[Records drawn from a dataset]
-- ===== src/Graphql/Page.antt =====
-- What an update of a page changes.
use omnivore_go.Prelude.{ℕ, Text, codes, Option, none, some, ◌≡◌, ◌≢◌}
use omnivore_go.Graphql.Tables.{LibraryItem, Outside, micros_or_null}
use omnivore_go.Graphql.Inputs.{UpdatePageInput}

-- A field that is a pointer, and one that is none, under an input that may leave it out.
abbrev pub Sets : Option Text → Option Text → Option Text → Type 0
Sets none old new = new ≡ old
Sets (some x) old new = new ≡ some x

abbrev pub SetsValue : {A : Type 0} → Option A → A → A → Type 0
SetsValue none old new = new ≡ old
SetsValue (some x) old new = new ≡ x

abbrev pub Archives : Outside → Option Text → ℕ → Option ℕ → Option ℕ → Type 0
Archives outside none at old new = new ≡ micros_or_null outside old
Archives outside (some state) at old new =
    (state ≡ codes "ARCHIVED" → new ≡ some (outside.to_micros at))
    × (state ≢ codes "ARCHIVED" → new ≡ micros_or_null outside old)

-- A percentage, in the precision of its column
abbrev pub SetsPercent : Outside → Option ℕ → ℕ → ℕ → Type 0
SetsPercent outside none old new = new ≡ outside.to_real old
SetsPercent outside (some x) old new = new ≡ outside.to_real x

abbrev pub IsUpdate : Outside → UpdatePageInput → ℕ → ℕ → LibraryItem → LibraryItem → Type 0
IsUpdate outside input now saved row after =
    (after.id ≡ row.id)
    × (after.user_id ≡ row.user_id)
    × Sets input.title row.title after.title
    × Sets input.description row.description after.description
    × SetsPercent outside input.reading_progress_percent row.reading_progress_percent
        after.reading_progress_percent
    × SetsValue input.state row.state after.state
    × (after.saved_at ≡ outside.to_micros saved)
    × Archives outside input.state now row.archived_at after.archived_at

* * *

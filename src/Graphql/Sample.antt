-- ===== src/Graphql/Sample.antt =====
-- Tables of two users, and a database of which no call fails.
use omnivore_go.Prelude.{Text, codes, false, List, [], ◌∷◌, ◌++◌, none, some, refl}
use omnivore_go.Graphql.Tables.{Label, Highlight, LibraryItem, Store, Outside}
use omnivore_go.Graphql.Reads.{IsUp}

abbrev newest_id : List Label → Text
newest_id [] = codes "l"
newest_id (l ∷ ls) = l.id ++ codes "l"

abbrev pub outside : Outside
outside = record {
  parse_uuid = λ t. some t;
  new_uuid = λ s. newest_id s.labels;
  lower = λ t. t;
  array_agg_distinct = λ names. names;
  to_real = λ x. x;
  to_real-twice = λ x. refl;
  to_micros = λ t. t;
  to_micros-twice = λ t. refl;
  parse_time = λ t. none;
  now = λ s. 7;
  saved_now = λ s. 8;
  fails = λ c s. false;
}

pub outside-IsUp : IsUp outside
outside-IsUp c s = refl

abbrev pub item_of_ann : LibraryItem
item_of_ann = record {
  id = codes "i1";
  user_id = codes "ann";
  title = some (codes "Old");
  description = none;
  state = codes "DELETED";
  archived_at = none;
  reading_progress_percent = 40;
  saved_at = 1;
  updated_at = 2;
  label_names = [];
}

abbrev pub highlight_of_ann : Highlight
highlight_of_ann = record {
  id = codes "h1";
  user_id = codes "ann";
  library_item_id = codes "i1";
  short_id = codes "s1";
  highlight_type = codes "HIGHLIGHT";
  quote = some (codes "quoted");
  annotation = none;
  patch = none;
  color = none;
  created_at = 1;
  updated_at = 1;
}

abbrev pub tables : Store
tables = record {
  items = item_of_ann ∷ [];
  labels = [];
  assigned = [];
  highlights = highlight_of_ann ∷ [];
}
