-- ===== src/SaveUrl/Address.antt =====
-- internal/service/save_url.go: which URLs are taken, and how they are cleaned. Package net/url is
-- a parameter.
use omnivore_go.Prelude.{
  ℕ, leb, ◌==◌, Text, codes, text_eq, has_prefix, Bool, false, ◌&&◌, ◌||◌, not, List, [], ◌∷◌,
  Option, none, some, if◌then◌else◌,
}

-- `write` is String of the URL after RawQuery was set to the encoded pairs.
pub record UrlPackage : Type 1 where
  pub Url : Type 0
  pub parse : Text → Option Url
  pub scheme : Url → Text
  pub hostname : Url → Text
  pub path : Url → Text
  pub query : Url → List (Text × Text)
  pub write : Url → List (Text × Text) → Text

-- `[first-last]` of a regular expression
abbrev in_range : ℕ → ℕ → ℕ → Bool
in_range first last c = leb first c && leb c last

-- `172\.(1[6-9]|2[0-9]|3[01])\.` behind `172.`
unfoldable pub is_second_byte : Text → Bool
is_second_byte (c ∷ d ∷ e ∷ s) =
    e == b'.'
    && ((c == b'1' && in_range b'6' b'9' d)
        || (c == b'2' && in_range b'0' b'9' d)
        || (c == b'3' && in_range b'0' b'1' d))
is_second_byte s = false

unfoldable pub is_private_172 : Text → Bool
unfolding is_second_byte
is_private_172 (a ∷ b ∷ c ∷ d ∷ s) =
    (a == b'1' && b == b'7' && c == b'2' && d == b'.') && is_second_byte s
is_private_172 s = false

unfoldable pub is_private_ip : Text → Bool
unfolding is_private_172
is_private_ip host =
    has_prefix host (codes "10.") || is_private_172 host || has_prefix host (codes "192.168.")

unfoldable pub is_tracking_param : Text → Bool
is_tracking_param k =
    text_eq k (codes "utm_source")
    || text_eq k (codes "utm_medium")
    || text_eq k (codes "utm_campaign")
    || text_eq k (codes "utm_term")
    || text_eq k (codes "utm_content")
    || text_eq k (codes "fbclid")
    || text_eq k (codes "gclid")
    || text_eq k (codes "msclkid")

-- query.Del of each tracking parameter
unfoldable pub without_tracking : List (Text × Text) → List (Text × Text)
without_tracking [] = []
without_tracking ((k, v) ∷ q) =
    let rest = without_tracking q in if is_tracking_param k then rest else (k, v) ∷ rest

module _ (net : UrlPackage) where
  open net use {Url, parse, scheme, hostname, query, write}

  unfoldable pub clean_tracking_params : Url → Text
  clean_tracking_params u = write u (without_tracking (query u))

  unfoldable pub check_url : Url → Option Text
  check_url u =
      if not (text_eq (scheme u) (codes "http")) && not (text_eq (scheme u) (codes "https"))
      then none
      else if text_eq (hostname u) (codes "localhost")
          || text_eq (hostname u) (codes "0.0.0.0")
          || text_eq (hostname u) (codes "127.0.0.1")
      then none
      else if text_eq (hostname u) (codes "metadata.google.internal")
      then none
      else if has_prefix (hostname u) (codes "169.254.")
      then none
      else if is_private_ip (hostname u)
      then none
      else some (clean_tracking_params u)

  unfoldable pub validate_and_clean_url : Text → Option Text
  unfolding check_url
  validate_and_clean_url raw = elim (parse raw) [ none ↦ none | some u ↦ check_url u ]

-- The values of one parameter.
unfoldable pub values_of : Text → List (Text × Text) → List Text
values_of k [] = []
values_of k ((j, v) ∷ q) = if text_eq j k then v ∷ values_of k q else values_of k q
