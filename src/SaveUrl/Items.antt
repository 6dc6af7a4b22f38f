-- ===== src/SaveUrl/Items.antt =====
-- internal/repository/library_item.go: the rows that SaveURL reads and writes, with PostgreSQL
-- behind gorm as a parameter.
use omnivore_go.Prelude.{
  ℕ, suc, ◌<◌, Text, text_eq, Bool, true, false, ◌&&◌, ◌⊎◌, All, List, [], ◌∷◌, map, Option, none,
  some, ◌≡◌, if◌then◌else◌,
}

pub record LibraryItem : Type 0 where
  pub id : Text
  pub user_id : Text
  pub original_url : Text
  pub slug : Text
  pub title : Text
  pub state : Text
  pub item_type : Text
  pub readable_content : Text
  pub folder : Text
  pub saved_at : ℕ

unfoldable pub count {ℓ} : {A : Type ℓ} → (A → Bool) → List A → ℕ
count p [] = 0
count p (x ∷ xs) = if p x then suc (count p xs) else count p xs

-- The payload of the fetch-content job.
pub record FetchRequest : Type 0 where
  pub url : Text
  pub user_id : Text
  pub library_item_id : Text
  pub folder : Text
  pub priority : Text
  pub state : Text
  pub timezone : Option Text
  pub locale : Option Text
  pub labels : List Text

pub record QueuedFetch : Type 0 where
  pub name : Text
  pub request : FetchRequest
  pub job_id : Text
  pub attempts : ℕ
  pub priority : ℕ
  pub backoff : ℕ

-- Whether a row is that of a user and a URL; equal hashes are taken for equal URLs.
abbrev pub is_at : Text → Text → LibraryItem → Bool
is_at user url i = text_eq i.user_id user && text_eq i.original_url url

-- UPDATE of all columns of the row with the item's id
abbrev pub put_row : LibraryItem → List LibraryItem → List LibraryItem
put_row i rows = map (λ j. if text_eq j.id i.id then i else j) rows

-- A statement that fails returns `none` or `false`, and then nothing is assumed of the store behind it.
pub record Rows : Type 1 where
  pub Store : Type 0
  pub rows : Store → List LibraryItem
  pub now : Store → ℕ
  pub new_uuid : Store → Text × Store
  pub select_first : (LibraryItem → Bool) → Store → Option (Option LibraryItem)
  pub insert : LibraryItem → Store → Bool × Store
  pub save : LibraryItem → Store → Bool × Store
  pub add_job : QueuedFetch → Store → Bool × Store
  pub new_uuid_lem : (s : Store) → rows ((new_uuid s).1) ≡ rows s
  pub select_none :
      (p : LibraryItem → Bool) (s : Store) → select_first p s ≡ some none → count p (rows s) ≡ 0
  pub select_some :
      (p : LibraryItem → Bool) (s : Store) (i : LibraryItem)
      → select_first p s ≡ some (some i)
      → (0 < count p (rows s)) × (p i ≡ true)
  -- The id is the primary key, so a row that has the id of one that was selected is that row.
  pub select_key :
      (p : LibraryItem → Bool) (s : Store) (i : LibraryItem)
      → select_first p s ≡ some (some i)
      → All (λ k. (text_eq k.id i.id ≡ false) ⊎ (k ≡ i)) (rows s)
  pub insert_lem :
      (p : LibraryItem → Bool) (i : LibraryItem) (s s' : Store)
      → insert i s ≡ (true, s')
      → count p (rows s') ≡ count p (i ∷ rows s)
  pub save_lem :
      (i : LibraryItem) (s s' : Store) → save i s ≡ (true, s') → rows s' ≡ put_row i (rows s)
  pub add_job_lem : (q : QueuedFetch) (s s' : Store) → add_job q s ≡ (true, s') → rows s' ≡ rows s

AIM OF THE TASK
From the entries above, return exactly the line containing "-- ===== src/Graphql/Page.antt", the line containing "abbrev pub SetsPercent", and all lines between, and nothing else.

RESPONSE TO THE TASK
-- ===== src/Graphql/Page.antt =====
-- What an update of a page changes.
use omnivore_go.Prelude.{ℕ, Text, codes, Option, none, some, ◌≡◌, ◌≢◌}
use omnivore_go.Graphql.Tables.{LibraryItem, Outside, micros_or_null}
use omnivore_go.Graphql.Inputs.{UpdatePageInput}

-- A field that is a pointer, and one that is none, under an input that may leave it out.
abbrev pub Sets : Option Text → Option Text → Option Text → Type 0
Sets none old new = new ≡ old
Sets (some x) old new = new ≡ some x

abbrev pub SetsValue : {A : Type 0} → Option A → A → A → Type 0
SetsValue none old new = new ≡ old
SetsValue (some x) old new = new ≡ x

abbrev pub Archives : Outside → Option Text → ℕ → Option ℕ → Option ℕ → Type 0
Archives outside none at old new = new ≡ micros_or_null outside old
Archives outside (some state) at old new =
    (state ≡ codes "ARCHIVED" → new ≡ some (outside.to_micros at))
    × (state ≢ codes "ARCHIVED" → new ≡ micros_or_null outside old)

-- A percentage, in the precision of its column
abbrev pub SetsPercent : Outside → Option ℕ → ℕ → ℕ → Type 0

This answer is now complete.